For instance, Biden wants to raise annual refugee admissions from 15,000 to 125,000 but must first build up the capacity to accept such a swift increase. His team will also take over the arduous campaign to find the families of more than 600 children separated from their parents at the southern border. Other regulatory changes will naturally take time, such as revising the criteria used to turn away or admit asylum seekers.
And even Biden’s goal of fully reinstating an Obama-era program that offers work permits and legal protections to so-called Dreamers — the hundreds of thousands of immigrants who came to the United States illegally as children — is expected to face years of court challenges.
“It’s going to have to be a very thorough undertaking,” said Manar Waheed, a senior legislative and advocacy counsel with the American Civil Liberties Union’s immigration wing. “There are many, many regulations that have to be rescinded, and it can’t be undone overnight. And that’s just to get back to where we were, not even to move forward.”
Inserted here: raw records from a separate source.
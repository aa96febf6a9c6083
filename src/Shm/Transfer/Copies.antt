-- ===== src/Shm/Transfer/Copies.antt =====
-- What the loops of src/shm.c copy
use libcando.Base.{
  ℕ, zero, suc, ◌+◌, ◌-◌, ◌*◌, ◌<◌, ◌≤◌, ◌≡◌, refl, ◌∙◌, ◌⊎◌, inl, inr, arith, false, ltb, lt→ltb,
  if◌then◌else◌, ◌==◌, Bool-cases,
}
use libcando.Base.Memory.{Mem, memcpy, memset}
use libcando.Shm.Transfer.{write_loop, read_loop}

-- `k` rounds from `s` on, each of an `int`, reach `size`.
abbrev pub Rounds : (k fuel s size : ℕ) → Type 0
Rounds k fuel s size = (k ≤ fuel) × (size ≤ s + 4 * k) × (s + 4 * k < size + 4)

memcpy_in :
    (bytes buffer : Mem) (to s j : ℕ)
    → s ≤ j
    → j < s + 4
    → memcpy bytes (to + s) buffer s 4 (to + j) ≡ buffer j
unfolding memcpy
memcpy_in bytes buffer to s j a b =
    let e : s + (to + j - (to + s)) ≡ j = omega arith in rw e (ground arith)

memcpy_out :
    (bytes buffer : Mem) (to s i : ℕ)
    → (i < to + s) ⊎ (to + s + 4 ≤ i)
    → memcpy bytes (to + s) buffer s 4 i ≡ bytes i
unfolding memcpy
memcpy_out bytes buffer to s i h = ground arith

pub write_loop-step :
    (fuel s size to : ℕ) (bytes buffer : Mem)
    → s < size
    → write_loop (suc fuel) s size to bytes buffer
      ≡ write_loop fuel (s + 4) size to (memcpy bytes (to + s) buffer s 4) buffer
unfolding write_loop
write_loop-step fuel s size to bytes buffer h = rw (lt→ltb s size h) refl

pub write_loop-stop :
    (fuel s size to : ℕ) (bytes buffer : Mem)
    → size ≤ s
    → write_loop fuel s size to bytes buffer ≡ bytes
unfolding write_loop
write_loop-stop zero s size to bytes buffer h = refl
write_loop-stop (suc fuel) s size to bytes buffer h =
    let f : ltb s size ≡ false = ground arith in rw f refl

-- The loop leaves every other byte as it is.
pub write_loop-out :
    (k fuel s size to : ℕ) (bytes buffer : Mem) (i : ℕ)
    → Rounds k fuel s size
    → (i < to + s) ⊎ (to + s + 4 * k ≤ i)
    → write_loop fuel s size to bytes buffer i ≡ bytes i
write_loop-out zero fuel s size to bytes buffer i r h =
    rw (write_loop-stop fuel s size to bytes buffer (omega (arith, r.1))) refl
write_loop-out (suc k) zero s size to bytes buffer i r h = absurd (omega (arith, r.0))
write_loop-out (suc k) (suc fuel) s size to bytes buffer i r h =
    rw (write_loop-step fuel s size to bytes buffer (omega (arith, r.2))) (
      write_loop-out k fuel (s + 4) size to (memcpy bytes (to + s) buffer s 4) buffer i
        (omega (arith, r.0), omega (arith, r.1), omega (arith, r.2))
        (elim h [ inl a ↦ inl (omega arith) | inr b ↦ inr (omega arith) ])
      ∙ memcpy_out bytes buffer to s i (elim h [ inl a ↦ inl a | inr b ↦ inr (omega arith) ]))

-- The loop writes the buffer, up to the end of its last `int`.
pub write_loop-in :
    (k fuel s size to : ℕ) (bytes buffer : Mem) (j : ℕ)
    → Rounds k fuel s size
    → s ≤ j
    → j < s + 4 * k
    → write_loop fuel s size to bytes buffer (to + j) ≡ buffer j
write_loop-in zero fuel s size to bytes buffer j r a b = absurd (omega arith)
write_loop-in (suc k) zero s size to bytes buffer j r a b = absurd (omega (arith, r.0))
write_loop-in (suc k) (suc fuel) s size to bytes buffer j r a b =
    let next : Rounds k fuel (s + 4) size =
      (omega (arith, r.0), omega (arith, r.1), omega (arith, r.2)) in
    let copied = memcpy bytes (to + s) buffer s 4 in
    rw (write_loop-step fuel s size to bytes buffer (omega (arith, r.2)))
      (elim (Bool-cases (ltb j (s + 4))) [
        | inl t ↦
            write_loop-out k fuel (s + 4) size to copied buffer (to + j) next (inl (ground arith))
            ∙ memcpy_in bytes buffer to s j a (ground arith)
        | inr f ↦
            write_loop-in k fuel (s + 4) size to copied buffer j next (ground arith) (omega arith)
      ])

pub read_loop-step :
    (fuel s size from : ℕ) (bytes buffer : Mem)
    → s < size
    → read_loop (suc fuel) s size from bytes buffer
      ≡ read_loop fuel
          (s + 4)
          size
          from
          (memset bytes (from + s) 0 1)
          (memcpy buffer s bytes (from + s) 4)
unfolding read_loop
read_loop-step fuel s size from bytes buffer h = rw (lt→ltb s size h) refl

pub read_loop-stop :
    (fuel s size from : ℕ) (bytes buffer : Mem)
    → size ≤ s
    → read_loop fuel s size from bytes buffer ≡ (bytes, buffer)
unfolding read_loop
read_loop-stop zero s size from bytes buffer h = refl
read_loop-stop (suc fuel) s size from bytes buffer h =
    let f : ltb s size ≡ false = ground arith in rw f refl

read_in :
    (bytes buffer : Mem) (from s j : ℕ)
    → s ≤ j
    → j < s + 4
    → memcpy buffer s bytes (from + s) 4 j ≡ bytes (from + j)
unfolding memcpy
read_in bytes buffer from s j a b =
    let e : from + s + (j - s) ≡ from + j = omega arith in rw e (ground arith)

cleared : (bytes : Mem) (p i : ℕ) → memset bytes p 0 1 i ≡ (if p == i then 0 else bytes i)
unfolding memset
cleared bytes p i = ground arith

memcpy_before : (to from : Mem) (s p j : ℕ) → j < s → memcpy to s from p 4 j ≡ to j
unfolding memcpy
memcpy_before to from s p j h = ground arith

-- Bytes before the loop's place stay, in the reader's buffer and in the shared memory.
read_loop-before :
    (k fuel s size from : ℕ) (bytes buffer : Mem) (j : ℕ)
    → Rounds k fuel s size
    → j < s
    → ((read_loop fuel s size from bytes buffer).1 j ≡ buffer j)
      × ((read_loop fuel s size from bytes buffer).0 (from + j) ≡ bytes (from + j))
read_loop-before zero fuel s size from bytes buffer j r h =
    rw (read_loop-stop fuel s size from bytes buffer (omega (arith, r.1))) (refl, refl)
read_loop-before (suc k) zero s size from bytes buffer j r h = absurd (omega (arith, r.0))
read_loop-before (suc k) (suc fuel) s size from bytes buffer j r h =
    let later =
      read_loop-before k fuel (s + 4) size from (memset bytes (from + s) 0 1)
        (memcpy buffer s bytes (from + s) 4) j
        (omega (arith, r.0), omega (arith, r.1), omega (arith, r.2)) (omega arith) in
    rw (read_loop-step fuel s size from bytes buffer (omega (arith, r.2))) (
      later.0 ∙ memcpy_before buffer bytes s (from + s) j h,
      later.1 ∙ (cleared bytes (from + s) (from + j) ∙ ground arith),
    )

-- The loop reads the shared bytes, up to the end of the last `int`.
pub read_loop-in :
    (k fuel s size from : ℕ) (bytes buffer : Mem) (j : ℕ)
    → Rounds k fuel s size
    → s ≤ j
    → j < s + 4 * k
    → (read_loop fuel s size from bytes buffer).1 j ≡ bytes (from + j)
read_loop-in zero fuel s size from bytes buffer j r a b = absurd (omega arith)
read_loop-in (suc k) zero s size from bytes buffer j r a b = absurd (omega (arith, r.0))
read_loop-in (suc k) (suc fuel) s size from bytes buffer j r a b =
    let next : Rounds k fuel (s + 4) size =
      (omega (arith, r.0), omega (arith, r.1), omega (arith, r.2)) in
    let left = memset bytes (from + s) 0 1 in
    let got = memcpy buffer s bytes (from + s) 4 in
    rw (read_loop-step fuel s size from bytes buffer (omega (arith, r.2)))
      (elim (Bool-cases (ltb j (s + 4))) [
        | inl t ↦
            (read_loop-before k fuel (s + 4) size from left got j next (ground arith)).0
            ∙ read_in bytes buffer from s j a (ground arith)
        | inr f ↦
            read_loop-in k fuel (s + 4) size from left got j next (ground arith) (omega arith)
            ∙ (cleared bytes (from + s) (from + j) ∙ ground arith)
      ])

-- Of every `int` that it reads, the loop clears the first byte and leaves the other three.
pub read_loop-left :
    (k fuel s size from : ℕ) (bytes buffer : Mem) (m t : ℕ)
    → Rounds k fuel s size
    → m < k
    → t < 4
    → (read_loop fuel s size from bytes buffer).0 (from + (s + 4 * m + t))
      ≡ (if t == 0 then 0 else bytes (from + (s + 4 * m + t)))
read_loop-left zero fuel s size from bytes buffer m t r a b = absurd (omega arith)
read_loop-left (suc k) zero s size from bytes buffer m t r a b = absurd (omega (arith, r.0))
read_loop-left (suc k) (suc fuel) s size from bytes buffer zero t r a b =
    let next : Rounds k fuel (s + 4) size =
      (omega (arith, r.0), omega (arith, r.1), omega (arith, r.2)) in
    rw (read_loop-step fuel s size from bytes buffer (omega (arith, r.2))) (
      (read_loop-before k fuel (s + 4) size from (memset bytes (from + s) 0 1)
        (memcpy buffer s bytes (from + s) 4) (s + 4 * 0 + t) next (omega arith)).1
      ∙ (cleared bytes (from + s) (from + (s + 4 * 0 + t)) ∙ ground arith))
read_loop-left (suc k) (suc fuel) s size from bytes buffer (suc m) t r a b =
    let next : Rounds k fuel (s + 4) size =
      (omega (arith, r.0), omega (arith, r.1), omega (arith, r.2)) in
    let e : from + (s + 4 * suc m + t) ≡ from + (s + 4 + 4 * m + t) = omega arith in
    let stays : memset bytes (from + s) 0 1 (from + (s + 4 + 4 * m + t))
        ≡ bytes (from + (s + 4 + 4 * m + t)) =
      cleared bytes (from + s) (from + (s + 4 + 4 * m + t)) ∙ ground arith in
    rw (read_loop-step fuel s size from bytes buffer (omega (arith, r.2)), e)
      (read_loop-left k fuel (s + 4) size from (memset bytes (from + s) 0 1)
          (memcpy buffer s bytes (from + s) 4) m t next (omega arith) b
        ∙ ground (arith, stays))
Immigration advocacy groups, many of which worked to turn out voters for Biden this fall, are now leaning on the Biden administration to act aggressively.
Greisa Martinez, the executive director of United We Dream, is among those pushing for an indefinite moratorium on deportations and detentions of immigrants. Biden has currently only pledged a 100-day pause on deportations. Martinez also wants Biden to allow the return of people the Trump administration deported who still have family in the U.S.
“In the first 100 days, we believe he needs to be bold, swift and act without hesitation,” she said. “Black and Latinx people showed up for real change in November and gave him a real mandate.”
Other advocacy groups, such as Movimiento Cosecha, are pushing for Biden to extend legal protections for undocumented immigrants beyond Dreamers and those displaced by war and natural disasters.
“We want to see a program … that protects anybody, that doesn’t exclude anybody due to age or country of origin,” said Carlos Rojas Rodriguez, an organizer who confronted Biden on the campaign trail about his immigration record. “If you’re a person of good moral character, you shouldn’t live under the fear of being separated from your family.”